ACTIVITY => Find the lines in the entries that follow where the word "AgentTeamRun" occurs, and state how many there are, with no other words.

INPUT =>
-- ===== src/Trigger/Firing.antt =====
-- What an accepted request leaves in the cluster.
use kagents.Prelude.{
  ◌≡◌, ◌≢◌, refl, sym, ap, ◌∙◌, String, ◌⊎◌, inl, inr, true, ◌==◌, ◌<>◌, eq_iff, arith, Bool-cases,
}
use kagents.Result.{Result, Error, ok, err, is_already_exists, is_not_found}
use kagents.Exec.{continue, ◌>>=◌}
use kagents.Api.Resources.{AgentTeamRun}
use kagents.Api.Triggers.{AgentTeamTrigger}
use kagents.Trigger.{
  Listener, Response, run_name, triggered_run, create_payload, create_team_run, create_run,
  accepted, delete_run, fired, fire, replaced, apply_policy, tolerate_existing,
}

module _ (listener : Listener) where
  open listener use {World, Bytes, now}

  -- The run was created in a cluster `before`, or was there already.
  abbrev pub IsCreated : AgentTeamRun → World → World → Type 0
  IsCreated run before w =
      (listener.create_run before run ≡ (ok tt, w))
      ⊎ ((e : Error) × (listener.create_run before run ≡ (err e, w)) × (is_already_exists e ≡ true))

  tolerate_existing-IsCreated :
      (run : AgentTeamRun) (before : World) (r : Result (Unit {0})) (w : World)
      → listener.create_run before run ≡ (r, w)
      → tolerate_existing "creating run" r ≡ ok tt
      → IsCreated run before w
  tolerate_existing-IsCreated run before (ok u) w e h = inl e
  tolerate_existing-IsCreated run before (err x) w e h = elim (Bool-cases (is_already_exists x)) [
    | inl known ↦ inr (x, e, known)
    | inr other ↦ ground arith
  ]

  abbrev pub new_run : AgentTeamTrigger → AgentTeamRun
  new_run trig = triggered_run trig (run_name trig now) (run_name trig now <> "-payload")

  -- From the cluster `start`, the call for the payload succeeded, then the run was created, and the answer
  -- names it.
  abbrev pub IsMade : AgentTeamTrigger → Bytes → World → Response × World → Type 0
  IsMade trig body start (answer, w) =
      (before : World) × (create_payload listener trig (run_name trig now <> "-payload") body start
        ≡ (ok tt, before))
      × IsCreated (new_run trig) before w
      × (answer ≡ accepted listener trig (run_name trig now))

  fired-IsMade :
      (trig : AgentTeamTrigger) (body : Bytes) (start before : World) (r : Result (Unit {0}))
      (w : World)
      → create_payload listener trig (run_name trig now <> "-payload") body start ≡ (ok tt, before)
      → (r ≡ ok tt → IsCreated (new_run trig) before w)
      → (fired listener trig (run_name trig now) (r, w)).0.code ≡ 202
      → IsMade trig body start (fired listener trig (run_name trig now) (r, w))
  unfolding fired
  fired-IsMade trig body start before (ok u) w stored made h = (before, stored, made refl, refl)
  fired-IsMade trig body start before (err e) w stored made h = ground arith

  after_payload :
      (trig : AgentTeamTrigger) (body : Bytes) (start w : World) (r : Result (Unit {0}))
      → create_payload listener trig (run_name trig now <> "-payload") body start ≡ (r, w)
      → let answer =
          fired listener trig
            (run_name trig now)
            (continue r (λ _. create_team_run listener (new_run trig)) w) in
        answer.0.code ≡ 202 → IsMade trig body start answer
  unfolding create_team_run fired
  after_payload trig body start w (ok u) stored =
      let run = new_run trig in
      fired-IsMade trig body start w _ (listener.create_run w run).1 stored (
        tolerate_existing-IsCreated run w (listener.create_run w run).0
          (listener.create_run w run).1 refl)
  after_payload trig body start w (err e) stored = λ h. ground arith

  fire-IsMade :
      (trig : AgentTeamTrigger) (body : Bytes) (start : World)
      → (fire listener trig body start).0.code ≡ 202
      → IsMade trig body start (fire listener trig body start)
  unfolding fire create_run ◌>>=◌
  fire-IsMade trig body start =
      let (r, w) = create_payload listener trig (run_name trig now <> "-payload") body start in
      after_payload trig body start w r refl

  -- The active run was deleted, or was gone, which leaves the cluster `start`.
  abbrev pub IsCleared : AgentTeamTrigger → World → World → Type 0
  IsCleared trig w start =
      let deletion = delete_run listener trig.meta.namespace trig.status.active_run w in
      (deletion ≡ (ok tt, start))
      ⊎ ((e : Error) × (deletion ≡ (err e, start)) × (is_not_found e ≡ true))

  -- What the policy has done before the run is created.
  abbrev pub IsPrepared : AgentTeamTrigger → World → World → Type 0
  IsPrepared trig w start =
      let policy = trig.spec.concurrency_policy in
      let active = trig.status.active_run in
      (policy ≡ "Forbid" → active ≡ "")
      × (policy ≡ "Replace" → active ≢ "" → IsCleared trig w start)
      × ((policy ≢ "Replace") ⊎ (active ≡ "") → start ≡ w)

  -- The new run is made where the policy lets it be.
  abbrev IsHonest : AgentTeamTrigger → Bytes → World → Response × World → Type 0
  IsHonest trig body w answer =
      answer.0.code ≡ 202
      → (start : World) × IsPrepared trig w start × IsMade trig body start answer

  -- Without a deletion.
  idle-IsHonest :
      (trig : AgentTeamTrigger) (body : Bytes) (w : World)
      → IsPrepared trig w w
      → IsHonest trig body w (fire listener trig body w)
  idle-IsHonest trig body w prepared accepted_it =
      (w, prepared, fire-IsMade trig body w accepted_it)

  cleared-IsPrepared :
      (trig : AgentTeamTrigger) (w start : World)
      → trig.spec.concurrency_policy ≡ "Replace"
      → trig.status.active_run ≢ ""
      → IsCleared trig w start
      → IsPrepared trig w start
  cleared-IsPrepared trig w start replace busy cleared = (
    λ forbid. let e : ◌≡◌ {A = String} "Replace" "Forbid" = sym replace ∙ forbid in cc,
    λ _ _. cleared,
    λ none. elim none [ inl other ↦ absurd (other replace) | inr idle ↦ absurd (busy idle) ],
  )

  replaced-IsHonest :
      (trig : AgentTeamTrigger) (body : Bytes) (w start : World) (r : Result (Unit {0}))
      → ((r ≡ ok tt) ⊎ ((e : Error) × (r ≡ err e) × (is_not_found e ≡ true))
          → IsPrepared trig w start)
      → IsHonest trig body w (replaced listener trig body (r, start))
  unfolding replaced
  replaced-IsHonest trig body w start (ok u) cleared h =
      (start, cleared (inl refl), fire-IsMade trig body start h)
  replaced-IsHonest trig body w start (err e) cleared h = elim (Bool-cases (is_not_found e)) [
    | inl gone ↦
        rw gone (start, cleared (inr (e, refl, gone)), fire-IsMade trig body start (rw gone at h))
    | inr kept ↦ ground arith
  ]

  -- A request is accepted only with the run made: in the cluster that the policy has left, the payload's
  -- ConfigMap, where the trigger asks for one, was created or found to be there, then the run was created
  -- or found to be there, and the answer names this run. The policy Forbid lets it be only where no run
  -- is active; under Replace an active run is deleted first, or was gone, and the new run is made in the
  -- cluster of after this deletion; else nothing comes before.
  pub apply_policy-IsHonest :
      (trig : AgentTeamTrigger) (body : Bytes) (w : World)
      → (apply_policy listener trig body w).0.code ≡ 202
      → (start : World) × IsPrepared trig w start
        × IsMade trig body start (apply_policy listener trig body w)
  unfolding apply_policy
  apply_policy-IsHonest trig body w =
      let policy = trig.spec.concurrency_policy in
      let active = trig.status.active_run in
      elim (Bool-cases (policy == "Forbid")) [
        | inl forbid ↦
            let is_forbid = (eq_iff policy "Forbid").0 forbid in
            elim (Bool-cases (active == "")) [
              | inl idle ↦
                  let is_idle = (eq_iff active "").0 idle in
                  rw (forbid, idle)
                    (idle-IsHonest trig body w
                      ((λ _. is_idle), (λ _ busy. absurd (busy is_idle)), (λ _. refl)))
              | inr busy ↦ rw (forbid, busy) (λ h. ground arith)
            ]
        | inr other ↦
            let not_forbid : policy ≢ "Forbid" = λ e. ground (arith, eq_iff policy "Forbid") in
            elim (Bool-cases (policy == "Replace")) [
              | inl replace ↦
                  let is_replace = (eq_iff policy "Replace").0 replace in
                  elim (Bool-cases (active == "")) [
                    | inl idle ↦
                        let is_idle = (eq_iff active "").0 idle in
                        rw (other, replace, idle)
                          (idle-IsHonest trig body w
                            ((λ _. is_idle), (λ _ busy. absurd (busy is_idle)), (λ _. refl)))
                    | inr busy ↦
                        let is_busy : active ≢ "" = λ e. ground (arith, eq_iff active "") in
                        let deletion = delete_run listener trig.meta.namespace active w in
                        rw (other, replace, busy)
                          (replaced-IsHonest trig body w deletion.1 deletion.0 λ gone.
                            cleared-IsPrepared trig w deletion.1 is_replace is_busy (elim gone [
                              | inl done ↦ inl (ap (λ r. (r, deletion.1)) done)
                              | inr (e, failed, missing) ↦
                                  inr (e, ap (λ r. (r, deletion.1)) failed, missing)
                            ]))
                  ]
              | inr allow ↦
                  let not_replace : policy ≢ "Replace" =
                    λ e. ground (arith, eq_iff policy "Replace") in
                  rw (other, allow)
                    (idle-IsHonest trig body w
                      ((λ e. absurd (not_forbid e)), (λ e _. absurd (not_replace e)), (λ _. refl)))
            ]
      ]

TASK ANSWER => 4